→ Problem to solve
Given the records below, would you repeat exactly the lines that begin at the one containing "with_grant env draws s url p u none" and end at the one containing "p.username p.client_id false", inclusive?

** Data for this task follows **

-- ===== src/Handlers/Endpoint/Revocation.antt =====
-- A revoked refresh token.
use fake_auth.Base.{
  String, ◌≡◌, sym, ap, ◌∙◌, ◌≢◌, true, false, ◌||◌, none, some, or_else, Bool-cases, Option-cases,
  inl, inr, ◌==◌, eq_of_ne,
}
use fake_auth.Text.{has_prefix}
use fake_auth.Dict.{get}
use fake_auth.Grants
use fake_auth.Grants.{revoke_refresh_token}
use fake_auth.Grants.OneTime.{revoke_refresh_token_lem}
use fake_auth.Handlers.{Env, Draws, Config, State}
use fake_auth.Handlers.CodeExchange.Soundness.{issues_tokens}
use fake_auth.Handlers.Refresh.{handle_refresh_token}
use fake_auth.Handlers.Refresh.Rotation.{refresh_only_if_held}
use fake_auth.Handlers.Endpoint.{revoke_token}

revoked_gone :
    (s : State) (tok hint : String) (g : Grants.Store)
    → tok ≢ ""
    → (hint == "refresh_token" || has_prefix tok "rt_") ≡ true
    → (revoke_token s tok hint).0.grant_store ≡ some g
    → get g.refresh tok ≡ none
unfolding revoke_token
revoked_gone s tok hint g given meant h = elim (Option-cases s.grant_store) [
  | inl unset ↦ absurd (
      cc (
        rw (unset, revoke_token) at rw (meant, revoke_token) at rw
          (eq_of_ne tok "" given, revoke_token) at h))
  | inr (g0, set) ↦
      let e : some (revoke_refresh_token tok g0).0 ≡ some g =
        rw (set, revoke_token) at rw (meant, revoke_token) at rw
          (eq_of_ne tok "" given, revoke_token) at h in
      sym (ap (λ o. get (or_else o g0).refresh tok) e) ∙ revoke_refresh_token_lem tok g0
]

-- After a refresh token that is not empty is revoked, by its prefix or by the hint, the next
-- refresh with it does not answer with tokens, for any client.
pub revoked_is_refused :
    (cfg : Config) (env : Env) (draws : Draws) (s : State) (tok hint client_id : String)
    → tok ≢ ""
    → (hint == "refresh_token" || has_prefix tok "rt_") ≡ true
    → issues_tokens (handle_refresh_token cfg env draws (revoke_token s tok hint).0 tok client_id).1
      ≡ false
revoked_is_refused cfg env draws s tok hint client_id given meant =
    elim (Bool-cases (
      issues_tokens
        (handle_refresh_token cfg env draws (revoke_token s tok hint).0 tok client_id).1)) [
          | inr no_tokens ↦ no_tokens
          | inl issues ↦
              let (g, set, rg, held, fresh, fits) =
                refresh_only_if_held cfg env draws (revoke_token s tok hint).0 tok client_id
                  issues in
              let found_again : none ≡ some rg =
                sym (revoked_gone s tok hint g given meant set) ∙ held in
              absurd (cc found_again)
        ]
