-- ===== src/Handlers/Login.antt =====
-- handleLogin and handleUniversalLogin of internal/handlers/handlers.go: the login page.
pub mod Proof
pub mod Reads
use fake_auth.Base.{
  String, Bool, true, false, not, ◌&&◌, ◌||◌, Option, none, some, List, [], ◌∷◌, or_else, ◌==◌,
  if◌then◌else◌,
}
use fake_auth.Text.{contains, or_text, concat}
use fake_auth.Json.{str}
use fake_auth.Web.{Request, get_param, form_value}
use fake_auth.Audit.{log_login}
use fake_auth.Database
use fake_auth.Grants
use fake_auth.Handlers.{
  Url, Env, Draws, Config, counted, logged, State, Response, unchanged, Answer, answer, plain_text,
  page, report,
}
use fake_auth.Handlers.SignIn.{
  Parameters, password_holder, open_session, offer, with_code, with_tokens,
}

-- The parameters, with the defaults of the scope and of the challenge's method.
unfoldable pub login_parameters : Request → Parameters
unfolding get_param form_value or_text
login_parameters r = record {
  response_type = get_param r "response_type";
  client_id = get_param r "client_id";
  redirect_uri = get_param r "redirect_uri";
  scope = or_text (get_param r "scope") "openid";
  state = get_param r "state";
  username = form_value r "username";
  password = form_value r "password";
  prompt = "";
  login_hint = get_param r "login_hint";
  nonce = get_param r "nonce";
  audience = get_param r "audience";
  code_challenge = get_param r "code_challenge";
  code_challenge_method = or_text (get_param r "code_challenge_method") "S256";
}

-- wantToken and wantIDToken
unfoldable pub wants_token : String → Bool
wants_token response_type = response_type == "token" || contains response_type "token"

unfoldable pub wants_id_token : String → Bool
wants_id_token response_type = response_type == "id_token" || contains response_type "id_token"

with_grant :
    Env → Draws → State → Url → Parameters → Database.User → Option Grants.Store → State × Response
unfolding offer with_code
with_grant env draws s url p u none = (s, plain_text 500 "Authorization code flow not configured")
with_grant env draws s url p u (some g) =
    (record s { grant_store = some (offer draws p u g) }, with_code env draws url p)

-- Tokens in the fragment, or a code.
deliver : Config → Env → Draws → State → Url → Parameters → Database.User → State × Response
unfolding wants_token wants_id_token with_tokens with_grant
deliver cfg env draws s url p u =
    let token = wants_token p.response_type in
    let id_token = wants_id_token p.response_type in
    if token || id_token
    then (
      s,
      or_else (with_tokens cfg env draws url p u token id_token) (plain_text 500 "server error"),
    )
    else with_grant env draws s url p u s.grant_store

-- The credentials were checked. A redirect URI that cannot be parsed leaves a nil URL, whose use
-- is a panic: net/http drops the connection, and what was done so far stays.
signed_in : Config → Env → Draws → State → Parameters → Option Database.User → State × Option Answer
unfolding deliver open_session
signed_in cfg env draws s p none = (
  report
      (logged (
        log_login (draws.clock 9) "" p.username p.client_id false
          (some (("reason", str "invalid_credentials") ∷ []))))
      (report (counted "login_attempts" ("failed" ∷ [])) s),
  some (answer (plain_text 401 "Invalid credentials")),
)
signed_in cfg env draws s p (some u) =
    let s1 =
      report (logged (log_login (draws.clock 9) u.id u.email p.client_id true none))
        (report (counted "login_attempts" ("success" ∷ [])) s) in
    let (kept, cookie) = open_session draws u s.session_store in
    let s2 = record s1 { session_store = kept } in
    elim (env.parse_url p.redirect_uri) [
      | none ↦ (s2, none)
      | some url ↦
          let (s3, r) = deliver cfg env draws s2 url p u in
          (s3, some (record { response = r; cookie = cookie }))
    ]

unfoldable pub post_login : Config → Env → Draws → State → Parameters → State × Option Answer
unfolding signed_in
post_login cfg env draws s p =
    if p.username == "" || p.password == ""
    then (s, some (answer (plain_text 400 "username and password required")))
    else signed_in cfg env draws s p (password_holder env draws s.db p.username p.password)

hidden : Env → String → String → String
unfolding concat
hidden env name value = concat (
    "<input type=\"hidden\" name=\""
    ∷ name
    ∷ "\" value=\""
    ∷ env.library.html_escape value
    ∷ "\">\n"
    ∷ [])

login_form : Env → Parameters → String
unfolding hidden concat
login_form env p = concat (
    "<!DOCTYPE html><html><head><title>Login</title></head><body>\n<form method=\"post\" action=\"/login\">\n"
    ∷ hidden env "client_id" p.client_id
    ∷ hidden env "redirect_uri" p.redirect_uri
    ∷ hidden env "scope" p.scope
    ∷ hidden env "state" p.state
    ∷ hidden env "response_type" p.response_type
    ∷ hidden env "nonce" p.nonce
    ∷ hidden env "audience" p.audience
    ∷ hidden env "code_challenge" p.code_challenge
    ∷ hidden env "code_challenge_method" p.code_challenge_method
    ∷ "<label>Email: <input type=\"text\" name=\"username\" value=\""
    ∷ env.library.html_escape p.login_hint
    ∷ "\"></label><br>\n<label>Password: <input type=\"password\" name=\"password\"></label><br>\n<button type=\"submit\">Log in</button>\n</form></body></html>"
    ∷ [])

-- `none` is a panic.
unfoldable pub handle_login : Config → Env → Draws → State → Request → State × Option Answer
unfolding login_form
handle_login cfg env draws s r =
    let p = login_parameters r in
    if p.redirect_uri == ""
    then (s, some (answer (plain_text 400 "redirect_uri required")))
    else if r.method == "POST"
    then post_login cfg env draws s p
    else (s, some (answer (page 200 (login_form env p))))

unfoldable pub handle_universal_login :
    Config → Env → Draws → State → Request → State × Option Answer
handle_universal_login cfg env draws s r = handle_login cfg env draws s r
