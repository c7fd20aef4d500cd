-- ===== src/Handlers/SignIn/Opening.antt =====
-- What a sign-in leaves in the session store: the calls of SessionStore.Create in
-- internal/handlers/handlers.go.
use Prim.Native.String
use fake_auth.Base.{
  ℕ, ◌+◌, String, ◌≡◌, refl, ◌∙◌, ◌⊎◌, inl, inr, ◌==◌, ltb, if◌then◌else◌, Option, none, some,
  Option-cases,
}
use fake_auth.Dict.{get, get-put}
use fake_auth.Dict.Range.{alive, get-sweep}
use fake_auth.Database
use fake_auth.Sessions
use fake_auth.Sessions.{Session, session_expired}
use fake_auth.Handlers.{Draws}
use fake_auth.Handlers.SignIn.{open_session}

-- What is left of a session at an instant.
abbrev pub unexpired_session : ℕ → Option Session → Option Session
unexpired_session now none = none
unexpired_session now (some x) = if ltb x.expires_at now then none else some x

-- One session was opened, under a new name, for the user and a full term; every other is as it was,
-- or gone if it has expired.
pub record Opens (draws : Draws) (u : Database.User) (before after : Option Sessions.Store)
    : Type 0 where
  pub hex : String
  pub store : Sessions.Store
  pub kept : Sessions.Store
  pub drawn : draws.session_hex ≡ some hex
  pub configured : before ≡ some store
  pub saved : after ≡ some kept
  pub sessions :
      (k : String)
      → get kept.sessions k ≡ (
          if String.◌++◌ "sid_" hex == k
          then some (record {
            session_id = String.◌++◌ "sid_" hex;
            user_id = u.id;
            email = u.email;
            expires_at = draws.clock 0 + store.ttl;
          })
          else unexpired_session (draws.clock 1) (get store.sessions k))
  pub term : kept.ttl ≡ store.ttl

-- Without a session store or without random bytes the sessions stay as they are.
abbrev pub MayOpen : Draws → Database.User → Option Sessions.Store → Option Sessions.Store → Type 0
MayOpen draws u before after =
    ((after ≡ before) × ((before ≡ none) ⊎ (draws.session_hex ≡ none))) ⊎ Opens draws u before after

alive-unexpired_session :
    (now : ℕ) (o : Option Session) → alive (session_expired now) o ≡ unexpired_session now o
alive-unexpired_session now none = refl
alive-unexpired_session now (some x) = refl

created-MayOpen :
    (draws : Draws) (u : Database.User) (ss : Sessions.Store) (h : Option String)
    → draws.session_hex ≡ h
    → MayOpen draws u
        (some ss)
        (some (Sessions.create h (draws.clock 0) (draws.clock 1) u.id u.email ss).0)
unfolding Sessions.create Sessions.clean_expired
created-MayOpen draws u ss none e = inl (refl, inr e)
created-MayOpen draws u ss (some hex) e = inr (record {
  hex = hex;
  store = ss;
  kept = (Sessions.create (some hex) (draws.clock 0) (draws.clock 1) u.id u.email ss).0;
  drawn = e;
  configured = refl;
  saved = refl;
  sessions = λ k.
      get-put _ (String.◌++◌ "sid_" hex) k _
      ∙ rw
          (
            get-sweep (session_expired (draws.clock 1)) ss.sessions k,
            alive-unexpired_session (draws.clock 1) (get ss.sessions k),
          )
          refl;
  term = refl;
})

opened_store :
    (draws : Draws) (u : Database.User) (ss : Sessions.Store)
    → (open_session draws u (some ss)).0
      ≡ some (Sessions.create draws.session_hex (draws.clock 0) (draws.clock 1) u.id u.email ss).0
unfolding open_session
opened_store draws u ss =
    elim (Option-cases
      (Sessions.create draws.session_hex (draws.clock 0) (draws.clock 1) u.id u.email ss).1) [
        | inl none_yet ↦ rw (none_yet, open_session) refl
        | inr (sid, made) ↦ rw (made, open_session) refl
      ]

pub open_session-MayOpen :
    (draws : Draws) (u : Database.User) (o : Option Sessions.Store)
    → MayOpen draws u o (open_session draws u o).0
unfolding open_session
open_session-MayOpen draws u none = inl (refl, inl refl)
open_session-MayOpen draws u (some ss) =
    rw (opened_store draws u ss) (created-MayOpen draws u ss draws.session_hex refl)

** End of Data for this task **

→ Answer space
with_grant env draws s url p u none = (s, plain_text 500 "Authorization code flow not configured")
with_grant env draws s url p u (some g) =
    (record s { grant_store = some (offer draws p u g) }, with_code env draws url p)

-- Tokens in the fragment, or a code.
deliver : Config → Env → Draws → State → Url → Parameters → Database.User → State × Response
unfolding wants_token wants_id_token with_tokens with_grant
deliver cfg env draws s url p u =
    let token = wants_token p.response_type in
    let id_token = wants_id_token p.response_type in
    if token || id_token
    then (
      s,
      or_else (with_tokens cfg env draws url p u token id_token) (plain_text 500 "server error"),
    )
    else with_grant env draws s url p u s.grant_store

-- The credentials were checked. A redirect URI that cannot be parsed leaves a nil URL, whose use
-- is a panic: net/http drops the connection, and what was done so far stays.
signed_in : Config → Env → Draws → State → Parameters → Option Database.User → State × Option Answer
unfolding deliver open_session
signed_in cfg env draws s p none = (
  report
      (logged (
        log_login (draws.clock 9) "" p.username p.client_id false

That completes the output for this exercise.